Materials and Methods:
Densenet-121 architecture was used to differentiate between Antero-posterior (AP) / Postero-anterior (PA) CXR, as AP view may give a false impression of cardiomegaly due to larger heart shadow (3). 44,000 AP and 56,000 PA, pre-annotated CXR from the NIH (National Institutes of Health) database were used to design this first model. Mask R-CNN architecture was used to design a second model, to determine the CTR. 1420 CXR (710 AP and 710 PA) was annotated by radiologists using bounding boxes for heart and lungs.1000 test, 220 validation, and 200 test sets were used, to train the dCNN to segment the heart and lungs. Then, the network predicted a region of interest with bounding coordinates for both heart and chest. These coordinates were used for the determination of the width of the chest and heart and used to calculate the CTR to determine the presence of Cardiomegaly.
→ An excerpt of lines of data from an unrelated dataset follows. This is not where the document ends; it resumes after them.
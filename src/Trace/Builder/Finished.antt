-- ===== src/Trace/Builder/Finished.antt =====
-- The graph that the builder of internal/trace/graph_builder.go gives after any calls of its methods.
use netobserv_spcg.Common.{
  AreApartBy, AreApartBy-map, AreApart-keep, ℕ, ◌+◌, ◌^◌, ◌≤◌, ◌<◌, ◌≡◌, refl, inl, inr, Bool, true,
  false, ◌||◌, ◌&&◌, List, [], ◌∷◌, Option, some, none, String, is_empty, length, Bool-cases,
  if◌then◌else◌, arith, map, ltb, ◌==◌,
}
use netobserv_spcg.Common.Sets.{IdSet, has}
use netobserv_spcg.Trace.Types.{TraceNode, TraceEdge, PathSummary}
use netobserv_spcg.Trace.FocusPath.{
  mark_focus_path, apply_focus, focus_endpoints, mark_direct, focus_path, mark_path, mark_hop,
  is_nil,
}
use netobserv_spcg.Trace.FocusPath.Fuel.{best_path-Returns}
use netobserv_spcg.Trace.Simplify.{TraceGraph, simplified, cut, with_layer}
use netobserv_spcg.Trace.Builder.{
  PodDetail, IpEndpointNode, GraphBuilder, NewNode, NewEdge, new_graph_builder, add_node, add_edge,
  add_path, seed_source, seed_sources, seed_dests, seed_ip, seed_endpoints, with_layers, finish,
}
use netobserv_spcg.Trace.Builder.Distinct.{
  HasDistinctNodes, HasNoDoubles, key_of, IsBuilt, add_node-IsBuilt, add_edge-IsBuilt,
  add_path-IsBuilt,
}
use netobserv_spcg.Probe.Correlator.{new_graph_correlator}
use netobserv_spcg.Probe.Correlator.Progress.{HasDistinctIds, IsSound}
use netobserv_spcg.Probe.Correlator.Start.{new_graph_correlator-IsSound}

-- A call of a method of the builder.
pub data BuilderCall : Type 0 where
  node_call : NewNode → BuilderCall
  edge_call : NewEdge → BuilderCall
  path_call : PathSummary → BuilderCall

abbrev run_call : BuilderCall → GraphBuilder → GraphBuilder
run_call (node_call n) b = add_node n b
run_call (edge_call e) b = add_edge e b
run_call (path_call p) b = add_path p b

abbrev pub run_calls : List BuilderCall → GraphBuilder → GraphBuilder
run_calls [] b = b
run_calls (c ∷ calls) b = run_calls calls (run_call c b)

-- The builder's invariant, with at most so many edges.
abbrev IsBuiltIn : ℕ → GraphBuilder → Type 0
IsBuiltIn n b = IsBuilt b × (length b.edges ≤ n)

add_node-edges : (n : NewNode) (b : GraphBuilder) → (add_node n b).edges ≡ b.edges
unfolding add_node
add_node-edges n b = elim (Bool-cases (has n.id b.node_set)) [
  | inl known ↦ rw known refl
  | inr fresh ↦ rw fresh refl
]

add_node-IsBuiltIn :
    (k : ℕ) (n : NewNode) (b : GraphBuilder) → IsBuiltIn k b → IsBuiltIn k (add_node n b)
add_node-IsBuiltIn k n b (built, few) = (add_node-IsBuilt n b built, rw (add_node-edges n b) few)

add_edge-IsBuiltIn :
    (k : ℕ) (e : NewEdge) (b : GraphBuilder)
    → k + 1 < 2 ^ 64
    → IsBuiltIn k b
    → IsBuiltIn (k + 1) (add_edge e b)
add_edge-IsBuiltIn k e b small (built, few) =
    let (built', few') = add_edge-IsBuilt e b built (omega arith) in (built', omega arith)

run_calls-IsBuiltIn :
    (calls : List BuilderCall) (k : ℕ) (b : GraphBuilder)
    → k + length calls < 2 ^ 64
    → IsBuiltIn k b
    → IsBuilt (run_calls calls b)
unfolding add_path
run_calls-IsBuiltIn [] k b small built = built.0
run_calls-IsBuiltIn (node_call n ∷ calls) k b small built =
    run_calls-IsBuiltIn calls k _ (omega arith) (add_node-IsBuiltIn k n b built)
run_calls-IsBuiltIn (edge_call e ∷ calls) k b small built =
    run_calls-IsBuiltIn calls (k + 1) _ (omega arith) (add_edge-IsBuiltIn k e b (omega arith) built)
run_calls-IsBuiltIn (path_call p ∷ calls) k b small built =
    run_calls-IsBuiltIn calls k _ (omega arith) (add_path-IsBuilt p b built.0, add_path_few)
  where
    add_path_few : length (add_path p b).edges ≤ k
    add_path_few = built.1

seed_source-IsBuiltIn :
    (k : ℕ) (p : PodDetail) (b : GraphBuilder)
    → k + 1 < 2 ^ 64
    → IsBuiltIn k b
    → IsBuiltIn (k + 1) (seed_source p b)
unfolding seed_source
seed_source-IsBuiltIn k p b small built = elim (Bool-cases (is_empty p.node_name)) [
  | inl no_host ↦
      let (built', few) = add_node-IsBuiltIn k _ b built in rw no_host (built', omega arith)
  | inr host ↦
      rw host
        (add_edge-IsBuiltIn k _ _ small (add_node-IsBuiltIn k _ _ (add_node-IsBuiltIn k _ b built)))
]

seed_sources-IsBuiltIn :
    (pods : List PodDetail) (k : ℕ) (b : GraphBuilder)
    → k + length pods < 2 ^ 64
    → IsBuiltIn k b
    → IsBuiltIn (k + length pods) (seed_sources pods b)
unfolding seed_sources
seed_sources-IsBuiltIn [] k b small built = (built.0, omega (arith, built.1))
seed_sources-IsBuiltIn (p ∷ pods) k b small built =
    let (built', few) =
      seed_sources-IsBuiltIn pods (k + 1) _ (omega arith)
        (seed_source-IsBuiltIn k p b (omega arith) built) in
    (built', omega arith)

seed_dests-IsBuiltIn :
    (pods : List PodDetail) (k : ℕ) (b : GraphBuilder)
    → IsBuiltIn k b
    → IsBuiltIn k (seed_dests pods b)
unfolding seed_dests
seed_dests-IsBuiltIn [] k b built = built
seed_dests-IsBuiltIn (p ∷ pods) k b built =
    seed_dests-IsBuiltIn pods k _ (add_node-IsBuiltIn k _ b built)

seed_ip-IsBuiltIn :
    (ip : Option IpEndpointNode) (k : ℕ) (b : GraphBuilder)
    → IsBuiltIn k b
    → IsBuiltIn k (seed_ip ip b)
unfolding seed_ip
seed_ip-IsBuiltIn none k b built = built
seed_ip-IsBuiltIn (some ip) k b built = add_node-IsBuiltIn k _ b built

empty-IsBuilt :
    (source_pods dest_pods : List PodDetail) (ip : Option IpEndpointNode) (scope : IdSet)
    → IsBuiltIn 0 (new_graph_builder source_pods dest_pods ip scope)
unfolding new_graph_builder
empty-IsBuilt source_pods dest_pods ip scope = (
  record {
    nodes_distinct = tt;
    in_set = λ n m. elim m [ ];
    edges_distinct = tt;
    numbered = λ e m. elim m [ ];
    no_doubles = tt;
    keyed = λ e m. elim m [ ];
    loopless = λ e m. elim m [ ];
  },
  omega arith,
)

-- What of an edge and of a node the marking does not change.
IsKept : (TraceEdge → String) → Type 0
IsKept key = (e : TraceEdge) → key (record e { primary = true }) ≡ key e

if_kept :
    {A : Type 0} (key : A → String) (c : Bool) (x y : A)
    → key y ≡ key x
    → key (if c then y else x) ≡ key x
if_kept key true x y same = same
if_kept key false x y same = refl

mark_direct-AreApart :
    (key : TraceEdge → String) (source_ids dest_ids : IdSet) (es : List TraceEdge)
    → IsKept key
    → AreApartBy key es
    → AreApartBy key (mark_direct source_ids dest_ids es)
unfolding mark_direct IsKept
mark_direct-AreApart key source_ids dest_ids es kept apart =
    AreApartBy-map key _ es
      (λ e.
        if_kept key (has e.from source_ids && has e.to dest_ids) e (record e { primary = true })
          (kept e))
      apart

mark_path-AreApart :
    (key : TraceEdge → String) (best : List String) (es : List TraceEdge)
    → IsKept key
    → AreApartBy key es
    → AreApartBy key (mark_path best es)
unfolding mark_path mark_hop IsKept
mark_path-AreApart key [] es kept apart = apart
mark_path-AreApart key (a ∷ []) es kept apart = apart
mark_path-AreApart key (a ∷ c ∷ best) es kept apart = mark_path-AreApart key (c ∷ best) _ kept (
    AreApartBy-map key (mark_hop a c) es
      (λ e. if_kept key _ e (record e { primary = true }) (kept e)) apart)

focus_nodes-AreApart :
    (test : TraceNode → Bool) (nodes : List TraceNode)
    → HasDistinctNodes nodes
    → HasDistinctNodes
        (map (λ (n : TraceNode). if test n then record n { focused = true } else n) nodes)
focus_nodes-AreApart test nodes apart =
    AreApartBy-map (λ (n : TraceNode). n.id) _ nodes
      (λ n. if_kept (λ (m : TraceNode). m.id) (test n) n (record n { focused = true }) refl) apart

apply_focus-edges :
    (key : TraceEdge → String) (source_ids dest_ids : IdSet) (best : Option (List String))
    (nodes : List TraceNode) (es : List TraceEdge)
    → IsKept key
    → AreApartBy key es
    → AreApartBy key (apply_focus source_ids dest_ids best nodes es).1
unfolding apply_focus
apply_focus-edges key source_ids dest_ids none nodes es kept apart =
    mark_direct-AreApart key source_ids dest_ids es kept apart
apply_focus-edges key source_ids dest_ids (some best) nodes es kept apart =
    elim (Bool-cases (ltb (length best) 2)) [
      | inl short ↦ rw short (mark_direct-AreApart key source_ids dest_ids es kept apart)
      | inr long ↦ rw long (mark_path-AreApart key best es kept apart)
    ]

apply_focus-nodes :
    (source_ids dest_ids : IdSet) (best : Option (List String)) (nodes : List TraceNode)
    (es : List TraceEdge)
    → HasDistinctNodes nodes
    → HasDistinctNodes (apply_focus source_ids dest_ids best nodes es).0
unfolding apply_focus focus_endpoints focus_path
apply_focus-nodes source_ids dest_ids none nodes es apart = focus_nodes-AreApart _ nodes apart
apply_focus-nodes source_ids dest_ids (some best) nodes es apart =
    elim (Bool-cases (ltb (length best) 2)) [
      | inl short ↦ rw short (focus_nodes-AreApart _ nodes apart)
      | inr long ↦ rw long (focus_nodes-AreApart _ nodes apart)
    ]

-- A graph without two nodes of the same id, two edges of the same id or two of the same ends and type.
pub record IsWellFormed (nodes : List TraceNode) (es : List TraceEdge) : Type 0 where
  pub nodes_distinct : HasDistinctNodes nodes
  pub edges_distinct : HasDistinctIds es
  pub no_doubles : HasNoDoubles es

mark_focus_path-IsWellFormed :
    (node_set source_ids dest_ids : IdSet) (nodes : List TraceNode) (es : List TraceEdge)
    → IsWellFormed nodes es
    → (marked : List TraceNode × List TraceEdge) × (mark_focus_path node_set source_ids dest_ids
          nodes es
        ≡ some marked)
      × IsWellFormed marked.0 marked.1
unfolding mark_focus_path IsKept
mark_focus_path-IsWellFormed node_set source_ids dest_ids nodes es formed =
    elim (Bool-cases (is_nil source_ids || is_nil dest_ids)) [
      | inl nothing ↦ rw nothing ((nodes, es), refl, formed)
      | inr ends ↦
          let (best, found) = best_path-Returns es node_set source_ids dest_ids in
          (
            apply_focus source_ids dest_ids best nodes es,
            rw (ends, found) refl,
            record {
              nodes_distinct =
                  apply_focus-nodes source_ids dest_ids best nodes es formed.nodes_distinct;
              edges_distinct =
                  apply_focus-edges (λ e. e.id) source_ids dest_ids best nodes es (λ e. refl)
                    formed.edges_distinct;
              no_doubles =
                  apply_focus-edges key_of source_ids dest_ids best nodes es (λ e. refl)
                    formed.no_doubles;
            },
          )
    ]

simplified-IsWellFormed :
    (g : TraceGraph)
    → IsWellFormed g.nodes g.edges
    → IsWellFormed (simplified g).nodes (simplified g).edges
unfolding simplified cut with_layer
simplified-IsWellFormed g formed = elim (Bool-cases (length g.nodes == 0)) [
  | inl nothing ↦ rw nothing formed
  | inr some_nodes ↦ rw some_nodes (record {
    nodes_distinct =
        AreApartBy-map (λ (n : TraceNode). n.id) with_layer _
          (λ n. if_kept (λ (m : TraceNode). m.id) _ n _ refl)
          (AreApart-keep _ _ g.nodes formed.nodes_distinct);
    edges_distinct = AreApart-keep _ _ g.edges formed.edges_distinct;
    no_doubles = AreApart-keep _ _ g.edges formed.no_doubles;
  })
]

finish-IsWellFormed :
    (b : GraphBuilder)
    → IsBuilt b
    → (g : TraceGraph) × (finish b ≡ some g) × IsWellFormed g.nodes g.edges
unfolding finish with_layers
finish-IsWellFormed b built =
    let (marked, found, formed) =
      mark_focus_path-IsWellFormed b.node_set b.source_ids b.dest_ids b.nodes b.edges (record {
        nodes_distinct = built.nodes_distinct;
        edges_distinct = built.edges_distinct;
        no_doubles = built.no_doubles;
      }) in
    let layered : TraceGraph = record {
      nodes = with_layers marked.0;
      edges = marked.1;
      paths = b.paths;
    } in
    (
      simplified layered,
      rw found refl,
      simplified-IsWellFormed layered (record {
        nodes_distinct =
            AreApartBy-map (λ (n : TraceNode). n.id) _ marked.0
              (λ n. if_kept (λ (m : TraceNode). m.id) _ n _ refl) formed.nodes_distinct;
        edges_distinct = formed.edges_distinct;
        no_doubles = formed.no_doubles;
      }),
    )

-- From a new builder, after `seedEndpoints` and any calls of `addNode`, `addEdge` and `addPath`,
-- fewer than 2 ^ 64 with the source pods, `finish` returns a graph without two nodes of the same id
-- and without two edges of the same id or of the same ends and type, and `NewGraphCorrelator` of it is
-- sound.
pub finish-run_calls :
    (source_pods dest_pods : List PodDetail) (ip : Option IpEndpointNode) (scope : IdSet)
    (calls : List BuilderCall)
    → length source_pods + length calls < 2 ^ 64
    → (g : TraceGraph) × (finish
          (run_calls calls (seed_endpoints (new_graph_builder source_pods dest_pods ip scope)))
        ≡ some g)
      × IsWellFormed g.nodes g.edges
      × IsSound (new_graph_correlator g.nodes g.edges)
unfolding seed_endpoints new_graph_builder
finish-run_calls source_pods dest_pods ip scope calls small =
    let start = new_graph_builder source_pods dest_pods ip scope in
    let sources =
      seed_sources-IsBuiltIn source_pods 0 start (omega arith)
        (empty-IsBuilt source_pods dest_pods ip scope) in
    let seeded =
      seed_ip-IsBuiltIn ip (0 + length source_pods) _
        (seed_dests-IsBuiltIn dest_pods (0 + length source_pods) _ sources) in
    let built =
      run_calls-IsBuiltIn calls (0 + length source_pods) (seed_endpoints start) (omega arith)
        seeded in
    let (g, returned, formed) =
      finish-IsWellFormed (run_calls calls (seed_endpoints start)) built in
    (g, returned, formed, (new_graph_correlator-IsSound g.nodes g.edges formed.edges_distinct).0)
CTR measurement above 0.50 was considered as cardiomegaly (4).

Results:
The segmentation models performed with the Dice score of 0.91 for the heart and 0.95 for the lungs. For the final classification into the presence or absence of cardiomegaly, accuracy and precision of 0.86, sensitivity of 0.83, and specificity of 0.88 were obtained for the PA view.

Conclusion:
Automated computing of CTR from CXRs in PA view makes the assessment of cardiomegaly more objective, accurate and faster, improving report turnaround times. The successful distinction between AP and PA CXR reduces any false cardiomegaly reporting from AP view, due to larger heart shadow (4).